En Rusia, las atrocidades cometidas por las autoridades en nombre del bien universal llegarían a alcanzar proporciones nunca vistas en la historia del mundo. En la década del 20, en el empeño de implantar y consolidar el régimen de la Unión de Repúblicas Socialistas Soviéticas, fundada por Lenin en 1922, tanto este personaje como su sucesor, Stalin, no tuvieron problema en sacrificar –en el altar del marxismo y su dogmática visión de la historia- entre diez y doce millones de vidas. Por supuesto, en el camino la libertad religiosa fue también una víctima, y esto llevó al rompimiento de los intentos de entendimiento diplomático entre la Santa Sede y Moscú.

Pero sería en España donde la Iglesia probaría el cáliz más amargo de la confrontación con el marxismo y su empeño de “internacionalizar” la revolución. Allí llegó al poder una coalición de izquierda encabezada por un republicano que se veía como impulsor del cambio social pero por el sendero reformista. Como era de esperar, la tensión política era grande por la encrespada oposición de la derecha, monárquica o no, pero sucedió que el radicalismo comunista y anarquista, situado más a la izquierda que el mismo gobierno, promovió un estado de violencia social y política que restó estabilidad al régimen. En realidad, en su obsesión por generar ya una crisis revolucionaria, que encaminara de una vez el país al paraíso comunista, lo que lograron fue fortalecer una creciente reacción contraria. En esta coyuntura, cometieron el error de atacar frontalmente a la religión, repitiendo las viejas acusaciones al catolicismo de ser el causante del atraso del país y de su pobreza. En una situación social y política de gran tensión no les fue difícil azuzar el “cuco” del eclesiástico enemigo del pueblo, malvado y mentiroso, solo pendiente de saciar su estómago y llenar sus bolsillos a costa de los pobres aprovechando su ignorancia.

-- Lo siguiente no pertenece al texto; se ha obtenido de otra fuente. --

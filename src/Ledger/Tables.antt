-- ===== src/Ledger/Tables.antt =====
-- The version-2 tables of src/privacy_hud/ledger_schema.py, as lists in the order of insertion. A
-- session's row carries its frozen scoring profile. Every score is a float that is not negative, a
-- whole number of the smallest float 2^-1074: `curve` stands for the weights and the logarithm of
-- src/privacy_hud/budget.py, and `Floats` for the arithmetic that rounds. `drawn` counts the random
-- identifiers that were drawn. A row has the columns of its table; the CHECK, UNIQUE and FOREIGN KEY
-- clauses and the triggers of the schema are not part of the rows, but for those that an operation
-- below names.
use Prim.Native.Nat.{zero, suc}
use codex_privacy_hud.Prelude.{
  ℕ, ◌+◌, ◌-◌, String, Bool, not, ◌&&◌, Option, none, some, List, [], ◌∷◌, map, ◌==◌, string_key,
  if◌then◌else◌, ltb, leb, is_some, count_where,
}
use codex_privacy_hud.Prelude.Results.{Result, raised, returned}
use codex_privacy_hud.Accounting.Vocabulary.{
  Boundary, DataType, DestinationKind, SubjectKind, ScanGap, data_type_key,
}
use codex_privacy_hud.Accounting.Records.{OpaqueId, Digest, ObservationRecord, EventRecord}

pub data LedgerError : Type 0 where
  unsupported_session invalid_session invalid_observation invalid_event invalid_score : LedgerError
  frozen_accounting : LedgerError

-- The arithmetic of floats, on numbers of the unit: `plus` is the rounded sum of two, `sum` is Python's
-- `sum(deltas, 0.0)`, and `rounded_percent` is `round(100 * score / cap)`.
pub record Floats : Type 0 where
  pub plus : ℕ → ℕ → ℕ
  pub sum : List ℕ → ℕ
  pub rounded_percent : ℕ → ℕ → ℕ

pub record Profile : Type 0 where
  pub budget_cap : ℕ
  pub destination_boundary : DestinationKind → Boundary
  pub curve : DataType → DestinationKind → ℕ → ℕ
  pub storable_limit : ℕ
  pub floats : Floats

-- `group_score` of budget.py, where `curve` is the weight times the logarithm's term, for n > 0
unfoldable pub group_score : Profile → DataType → DestinationKind → ℕ → ℕ
group_score p d to zero = 0
group_score p d to (suc n) = p.curve d to (suc n)

-- `next_disclosure_delta` of budget.py: both scores and the difference are in range. A difference that
-- is negative raises. No other difference is rounded: the smaller score is 0, or the larger one is at
-- most twice as large, and the difference of two such floats is a float.
unfoldable pub next_disclosure_delta :
    Profile → DataType → DestinationKind → ℕ → Result LedgerError ℕ
next_disclosure_delta p d to n =
    let current = group_score p d to n in
    let following = group_score p d to (n + 1) in
    if ltb current p.storable_limit && ltb following p.storable_limit && leb current following
    then returned (following - current)
    else raised LedgerError.invalid_score

pub record AccountedSession : Type 0 where
  pub session_id : String
  pub ended_at : Option ℕ
  pub available : Bool
  pub budget_score : ℕ
  pub profile : Profile

pub record ObservationRow : Type 0 where
  pub observation_id : OpaqueId
  pub observed : ObservationRecord

-- The tables `subjects` and `recipients` have the same columns, but for the kind.
pub record IdentityRow (K : Type 0) : Type 0 where
  pub identity_id : OpaqueId
  pub session_id : String
  pub kind : K
  pub is_resolved : Bool
  pub identity_hash : Option Digest
  pub unresolved_observation_id : Option OpaqueId

-- The columns of `events` that restate the event are the record that was handed in.
pub record EventRow : Type 0 where
  pub id : ℕ
  pub session_id : String
  pub observation_id : OpaqueId
  pub subject_id : OpaqueId
  pub recipient_id : OpaqueId
  pub event : EventRecord

pub record DisclosureRow : Type 0 where
  pub disclosure_id : ℕ
  pub session_id : String
  pub subject_id : OpaqueId
  pub recipient_id : OpaqueId
  pub first_event_id : ℕ
  pub charged_data_type : DataType
  pub group_n : ℕ
  pub budget_delta : ℕ

pub record ScanGapRow : Type 0 where
  pub session_id : String
  pub ts : ℕ
  pub boundary : Boundary
  pub reason : ScanGap

pub record TargetRow : Type 0 where
  pub event_id : ℕ
  pub session_id : String
  pub target_id : OpaqueId
  pub rule_id : String
  pub same_as_event_id : Option ℕ

pub record Db : Type 0 where
  pub sessions : List AccountedSession
  pub observations : List ObservationRow
  pub subjects : List (IdentityRow SubjectKind)
  pub recipients : List (IdentityRow DestinationKind)
  pub events : List EventRow
  pub disclosures : List DisclosureRow
  pub targets : List TargetRow
  pub gaps : List ScanGapRow
  pub drawn : ℕ

-- The session row, and `UPDATE sessions ... WHERE session_id=?`
unfoldable pub find_session : String → List AccountedSession → Option AccountedSession
find_session session_id [] = none
find_session session_id (s ∷ rows) =
    let rest = find_session session_id rows in if s.session_id == session_id then some s else rest

abbrev pub at_session :
    String → (AccountedSession → AccountedSession) → AccountedSession → AccountedSession
at_session session_id f s = if s.session_id == session_id then f s else s

unfoldable pub update_session :
    String → (AccountedSession → AccountedSession) → List AccountedSession → List AccountedSession
update_session session_id f = map (at_session session_id f)

-- Whether a session still takes identities and charges
abbrev pub is_open : AccountedSession → Bool
is_open s = s.available && not (is_some s.ended_at)

-- The disclosures of a pair, and of a group
abbrev pub is_pair : String → OpaqueId → OpaqueId → DisclosureRow → Bool
is_pair session_id subject_id recipient_id d =
    d.session_id == session_id && d.subject_id == subject_id && d.recipient_id == recipient_id

abbrev pub in_group : String → DataType → OpaqueId → DisclosureRow → Bool
in_group session_id data_type recipient_id d =
    d.session_id == session_id && d.charged_data_type == data_type && d.recipient_id == recipient_id

unfoldable pub group_size : String → DataType → OpaqueId → List DisclosureRow → ℕ
group_size session_id data_type recipient_id =
    count_where (in_group session_id data_type recipient_id)

-- What an operation on one observation returns: `RecordResult`
pub record RecordResult : Type 0 where
  pub observation_id : OpaqueId
  pub event_ids : List ℕ
  pub disclosure_ids : List ℕ
  pub budget_delta : ℕ
  pub duplicate_delivery : Bool
  pub guard_target_event_id : Option ℕ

Así, la feroz crítica literaria e intelectual a la Iglesia española, que venía del XIX, fue retomada por esta crítica ya del más bajo jaez, encaminada derechamente a la acción criminal de destruir materialmente la Iglesia de España, matando al clero y a los laicos que se atreviesen a insistir en practicar su fe, arrancando el cristianismo de la sociedad hispánica. Cosa semejante no había sucedido desde los días de la Revolución en la década del 90 del siglo XVIII, cuando el mismo estado revolucionario se propuso en Francia, por un tiempo, el mismo objetivo.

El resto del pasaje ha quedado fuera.